WHAT YOU WILL DO
Produce as output only the lines below starting at the line with "kept_capture (some old) expire" and continuing through the line with "store at left", each one exactly as written.

BEGIN DATA

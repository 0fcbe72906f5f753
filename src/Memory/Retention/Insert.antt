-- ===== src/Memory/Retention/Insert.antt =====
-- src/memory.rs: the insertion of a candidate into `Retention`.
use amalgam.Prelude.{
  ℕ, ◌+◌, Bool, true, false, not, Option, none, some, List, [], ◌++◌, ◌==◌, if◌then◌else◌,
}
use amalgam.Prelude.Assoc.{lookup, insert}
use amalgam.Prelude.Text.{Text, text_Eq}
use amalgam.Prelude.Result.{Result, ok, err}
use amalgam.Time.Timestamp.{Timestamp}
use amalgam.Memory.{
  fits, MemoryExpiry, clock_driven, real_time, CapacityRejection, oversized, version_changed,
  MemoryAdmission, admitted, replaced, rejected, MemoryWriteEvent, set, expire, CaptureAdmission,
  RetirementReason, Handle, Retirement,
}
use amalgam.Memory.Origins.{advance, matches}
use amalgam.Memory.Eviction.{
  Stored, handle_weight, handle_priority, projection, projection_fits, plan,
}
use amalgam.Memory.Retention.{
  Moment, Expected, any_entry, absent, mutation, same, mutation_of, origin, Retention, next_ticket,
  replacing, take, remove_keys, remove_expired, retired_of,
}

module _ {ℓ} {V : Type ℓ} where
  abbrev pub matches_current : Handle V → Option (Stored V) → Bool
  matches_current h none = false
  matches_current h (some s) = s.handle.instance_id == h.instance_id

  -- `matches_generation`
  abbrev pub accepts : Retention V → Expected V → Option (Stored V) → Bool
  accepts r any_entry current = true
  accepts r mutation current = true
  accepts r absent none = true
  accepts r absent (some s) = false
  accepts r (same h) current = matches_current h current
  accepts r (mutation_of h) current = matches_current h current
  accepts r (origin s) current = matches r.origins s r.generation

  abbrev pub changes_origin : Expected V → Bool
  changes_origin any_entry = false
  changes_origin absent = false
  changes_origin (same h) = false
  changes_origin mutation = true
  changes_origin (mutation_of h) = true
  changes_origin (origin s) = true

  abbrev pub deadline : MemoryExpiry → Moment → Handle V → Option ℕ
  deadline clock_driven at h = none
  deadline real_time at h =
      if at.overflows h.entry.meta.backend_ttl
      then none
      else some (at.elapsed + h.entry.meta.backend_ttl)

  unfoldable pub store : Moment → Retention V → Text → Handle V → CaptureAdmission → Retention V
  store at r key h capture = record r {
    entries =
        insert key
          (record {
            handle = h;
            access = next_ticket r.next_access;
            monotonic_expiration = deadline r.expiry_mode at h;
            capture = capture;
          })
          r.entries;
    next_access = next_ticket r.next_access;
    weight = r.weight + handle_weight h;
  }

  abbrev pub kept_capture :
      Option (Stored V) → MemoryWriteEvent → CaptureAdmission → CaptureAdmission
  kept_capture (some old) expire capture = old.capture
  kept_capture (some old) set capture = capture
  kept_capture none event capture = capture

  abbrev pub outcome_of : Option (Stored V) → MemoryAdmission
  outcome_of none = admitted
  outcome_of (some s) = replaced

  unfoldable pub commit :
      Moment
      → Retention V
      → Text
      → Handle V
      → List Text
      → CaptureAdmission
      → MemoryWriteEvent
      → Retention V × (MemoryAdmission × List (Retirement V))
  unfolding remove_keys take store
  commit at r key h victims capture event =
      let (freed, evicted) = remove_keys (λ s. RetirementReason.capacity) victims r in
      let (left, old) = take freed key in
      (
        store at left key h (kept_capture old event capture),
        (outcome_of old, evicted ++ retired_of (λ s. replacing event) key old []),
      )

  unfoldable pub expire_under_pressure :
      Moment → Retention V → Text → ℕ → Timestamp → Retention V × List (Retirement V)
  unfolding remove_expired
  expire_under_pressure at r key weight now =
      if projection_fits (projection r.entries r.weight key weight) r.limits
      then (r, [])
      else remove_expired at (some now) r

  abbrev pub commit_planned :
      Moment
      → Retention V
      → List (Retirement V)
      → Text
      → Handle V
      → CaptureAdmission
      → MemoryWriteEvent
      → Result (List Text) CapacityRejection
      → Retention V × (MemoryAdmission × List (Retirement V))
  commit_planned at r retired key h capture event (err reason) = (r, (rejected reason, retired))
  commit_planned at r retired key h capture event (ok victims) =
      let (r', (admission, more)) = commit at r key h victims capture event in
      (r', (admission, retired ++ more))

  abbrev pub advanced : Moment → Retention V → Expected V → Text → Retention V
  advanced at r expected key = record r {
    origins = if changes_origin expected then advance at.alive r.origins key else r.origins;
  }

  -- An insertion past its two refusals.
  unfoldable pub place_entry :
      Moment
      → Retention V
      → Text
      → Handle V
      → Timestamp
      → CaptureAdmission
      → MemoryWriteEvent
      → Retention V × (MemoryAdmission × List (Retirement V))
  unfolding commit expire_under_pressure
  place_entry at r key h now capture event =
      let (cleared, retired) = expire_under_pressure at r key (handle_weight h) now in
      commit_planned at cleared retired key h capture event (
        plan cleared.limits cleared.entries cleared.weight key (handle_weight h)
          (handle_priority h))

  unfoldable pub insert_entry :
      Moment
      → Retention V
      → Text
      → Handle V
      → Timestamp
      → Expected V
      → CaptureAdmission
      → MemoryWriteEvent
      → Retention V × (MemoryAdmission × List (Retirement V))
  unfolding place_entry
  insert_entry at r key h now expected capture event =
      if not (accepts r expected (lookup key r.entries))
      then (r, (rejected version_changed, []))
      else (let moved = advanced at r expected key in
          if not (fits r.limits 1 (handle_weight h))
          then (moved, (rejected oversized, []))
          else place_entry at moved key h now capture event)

END DATA
BEGIN DATA

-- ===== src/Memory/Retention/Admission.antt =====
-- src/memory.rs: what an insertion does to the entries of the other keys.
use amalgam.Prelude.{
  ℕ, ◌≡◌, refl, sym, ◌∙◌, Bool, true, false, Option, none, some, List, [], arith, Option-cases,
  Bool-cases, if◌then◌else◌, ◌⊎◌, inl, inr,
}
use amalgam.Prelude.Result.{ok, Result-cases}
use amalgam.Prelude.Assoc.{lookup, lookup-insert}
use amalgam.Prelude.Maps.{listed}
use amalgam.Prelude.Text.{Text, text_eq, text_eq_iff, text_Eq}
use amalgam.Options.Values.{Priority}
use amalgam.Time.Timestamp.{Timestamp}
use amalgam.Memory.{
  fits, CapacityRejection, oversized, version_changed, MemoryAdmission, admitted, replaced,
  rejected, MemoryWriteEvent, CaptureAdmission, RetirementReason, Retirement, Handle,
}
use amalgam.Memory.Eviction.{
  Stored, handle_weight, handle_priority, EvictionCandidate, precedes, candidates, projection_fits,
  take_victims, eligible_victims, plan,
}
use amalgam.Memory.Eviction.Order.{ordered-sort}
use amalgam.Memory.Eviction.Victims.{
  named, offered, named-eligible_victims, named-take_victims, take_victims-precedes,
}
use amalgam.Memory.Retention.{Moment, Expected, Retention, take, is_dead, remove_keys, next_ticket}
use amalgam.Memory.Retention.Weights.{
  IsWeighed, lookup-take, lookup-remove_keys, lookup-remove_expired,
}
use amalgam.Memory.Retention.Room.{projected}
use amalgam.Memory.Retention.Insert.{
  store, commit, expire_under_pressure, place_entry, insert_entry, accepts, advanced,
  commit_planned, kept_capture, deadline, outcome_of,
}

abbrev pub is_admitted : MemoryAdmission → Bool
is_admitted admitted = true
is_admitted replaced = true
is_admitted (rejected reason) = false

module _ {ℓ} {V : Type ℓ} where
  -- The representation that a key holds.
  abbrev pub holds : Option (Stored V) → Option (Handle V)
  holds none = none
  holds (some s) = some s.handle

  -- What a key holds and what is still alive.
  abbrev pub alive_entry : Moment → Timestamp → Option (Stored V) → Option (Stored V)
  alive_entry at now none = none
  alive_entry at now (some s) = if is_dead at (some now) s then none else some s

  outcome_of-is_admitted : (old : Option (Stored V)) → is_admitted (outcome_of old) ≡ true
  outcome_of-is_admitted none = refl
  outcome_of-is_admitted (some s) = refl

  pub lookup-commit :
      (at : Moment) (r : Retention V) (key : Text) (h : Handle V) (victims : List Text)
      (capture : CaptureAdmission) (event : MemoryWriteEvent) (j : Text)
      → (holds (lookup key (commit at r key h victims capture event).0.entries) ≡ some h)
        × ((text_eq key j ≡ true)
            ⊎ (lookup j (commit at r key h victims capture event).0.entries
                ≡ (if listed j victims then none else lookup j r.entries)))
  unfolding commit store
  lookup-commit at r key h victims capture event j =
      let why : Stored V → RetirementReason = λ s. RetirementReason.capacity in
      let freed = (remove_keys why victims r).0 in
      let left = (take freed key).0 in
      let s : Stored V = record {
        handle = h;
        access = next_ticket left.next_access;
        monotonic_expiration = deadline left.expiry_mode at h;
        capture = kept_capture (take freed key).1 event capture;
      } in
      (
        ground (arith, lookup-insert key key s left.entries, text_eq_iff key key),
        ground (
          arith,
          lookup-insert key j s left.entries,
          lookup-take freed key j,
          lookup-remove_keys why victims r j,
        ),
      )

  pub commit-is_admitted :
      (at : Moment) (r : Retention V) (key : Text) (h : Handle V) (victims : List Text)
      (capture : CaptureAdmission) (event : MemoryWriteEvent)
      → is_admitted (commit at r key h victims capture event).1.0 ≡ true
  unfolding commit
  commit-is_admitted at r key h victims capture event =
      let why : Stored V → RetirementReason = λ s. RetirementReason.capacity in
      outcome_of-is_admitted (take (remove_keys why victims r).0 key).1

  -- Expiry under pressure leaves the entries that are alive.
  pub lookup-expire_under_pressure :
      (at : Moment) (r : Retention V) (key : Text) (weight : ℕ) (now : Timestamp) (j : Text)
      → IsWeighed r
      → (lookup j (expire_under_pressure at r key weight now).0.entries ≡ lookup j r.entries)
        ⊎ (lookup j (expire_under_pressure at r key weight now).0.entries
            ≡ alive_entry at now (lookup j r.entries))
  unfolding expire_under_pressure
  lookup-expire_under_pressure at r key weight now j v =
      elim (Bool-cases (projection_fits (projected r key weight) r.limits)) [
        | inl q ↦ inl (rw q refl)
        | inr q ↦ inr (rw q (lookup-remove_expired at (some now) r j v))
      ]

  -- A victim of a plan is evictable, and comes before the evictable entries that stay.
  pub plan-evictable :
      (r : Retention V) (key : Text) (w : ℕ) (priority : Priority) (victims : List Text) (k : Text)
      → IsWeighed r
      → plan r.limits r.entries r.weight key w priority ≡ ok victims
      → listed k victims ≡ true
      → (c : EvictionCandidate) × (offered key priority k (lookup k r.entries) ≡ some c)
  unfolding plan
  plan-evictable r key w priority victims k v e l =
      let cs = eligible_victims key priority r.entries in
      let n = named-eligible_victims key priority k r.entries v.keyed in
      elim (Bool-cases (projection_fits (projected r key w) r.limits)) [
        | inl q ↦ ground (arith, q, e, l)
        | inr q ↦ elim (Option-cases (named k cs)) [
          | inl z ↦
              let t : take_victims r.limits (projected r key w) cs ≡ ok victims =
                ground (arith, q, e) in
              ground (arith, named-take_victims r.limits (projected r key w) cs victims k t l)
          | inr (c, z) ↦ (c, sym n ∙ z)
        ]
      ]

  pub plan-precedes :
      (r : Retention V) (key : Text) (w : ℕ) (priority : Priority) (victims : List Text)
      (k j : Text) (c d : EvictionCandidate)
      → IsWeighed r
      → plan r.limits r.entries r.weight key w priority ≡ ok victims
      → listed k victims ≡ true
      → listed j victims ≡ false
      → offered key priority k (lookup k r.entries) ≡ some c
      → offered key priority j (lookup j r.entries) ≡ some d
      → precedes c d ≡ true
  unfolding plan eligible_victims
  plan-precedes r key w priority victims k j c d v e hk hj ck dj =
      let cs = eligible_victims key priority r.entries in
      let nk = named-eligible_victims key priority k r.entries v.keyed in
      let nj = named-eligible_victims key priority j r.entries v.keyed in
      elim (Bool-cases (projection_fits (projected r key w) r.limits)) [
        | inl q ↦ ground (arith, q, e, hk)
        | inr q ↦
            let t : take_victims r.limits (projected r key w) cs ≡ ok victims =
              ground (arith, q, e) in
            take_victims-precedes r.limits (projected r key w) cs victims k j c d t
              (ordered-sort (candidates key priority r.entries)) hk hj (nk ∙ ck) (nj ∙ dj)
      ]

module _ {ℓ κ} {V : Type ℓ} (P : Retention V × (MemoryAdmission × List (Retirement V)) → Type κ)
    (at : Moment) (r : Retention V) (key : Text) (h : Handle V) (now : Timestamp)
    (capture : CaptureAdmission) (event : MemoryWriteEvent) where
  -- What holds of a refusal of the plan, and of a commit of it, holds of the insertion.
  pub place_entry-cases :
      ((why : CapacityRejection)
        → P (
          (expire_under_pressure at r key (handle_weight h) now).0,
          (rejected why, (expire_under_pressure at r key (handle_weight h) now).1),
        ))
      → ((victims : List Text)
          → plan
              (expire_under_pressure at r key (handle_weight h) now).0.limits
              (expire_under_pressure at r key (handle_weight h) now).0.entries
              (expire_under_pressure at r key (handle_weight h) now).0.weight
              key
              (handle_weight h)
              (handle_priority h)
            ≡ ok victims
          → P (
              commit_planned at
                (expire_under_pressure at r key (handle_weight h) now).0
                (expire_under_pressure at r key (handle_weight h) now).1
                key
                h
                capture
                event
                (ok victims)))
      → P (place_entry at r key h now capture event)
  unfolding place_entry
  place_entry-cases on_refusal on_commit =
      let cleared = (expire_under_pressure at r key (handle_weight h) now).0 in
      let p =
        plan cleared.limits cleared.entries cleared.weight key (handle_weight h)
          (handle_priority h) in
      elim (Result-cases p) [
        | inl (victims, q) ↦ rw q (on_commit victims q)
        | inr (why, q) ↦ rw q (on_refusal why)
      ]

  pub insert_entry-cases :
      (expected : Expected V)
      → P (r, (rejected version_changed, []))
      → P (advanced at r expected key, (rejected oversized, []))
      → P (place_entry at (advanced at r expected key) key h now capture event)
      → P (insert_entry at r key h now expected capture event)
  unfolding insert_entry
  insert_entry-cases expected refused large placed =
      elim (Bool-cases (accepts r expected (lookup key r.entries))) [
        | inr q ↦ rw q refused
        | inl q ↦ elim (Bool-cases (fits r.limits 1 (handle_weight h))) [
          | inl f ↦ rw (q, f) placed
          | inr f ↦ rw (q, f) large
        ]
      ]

END DATA

SOLUTION TO THE EXERCISE
  kept_capture (some old) expire capture = old.capture
  kept_capture (some old) set capture = capture
  kept_capture none event capture = capture

  abbrev pub outcome_of : Option (Stored V) → MemoryAdmission
  outcome_of none = admitted
  outcome_of (some s) = replaced

  unfoldable pub commit :
      Moment
      → Retention V
      → Text
      → Handle V
      → List Text
      → CaptureAdmission
      → MemoryWriteEvent
      → Retention V × (MemoryAdmission × List (Retirement V))
  unfolding remove_keys take store
  commit at r key h victims capture event =
      let (freed, evicted) = remove_keys (λ s. RetirementReason.capacity) victims r in
      let (left, old) = take freed key in
      (
        store at left key h (kept_capture old event capture),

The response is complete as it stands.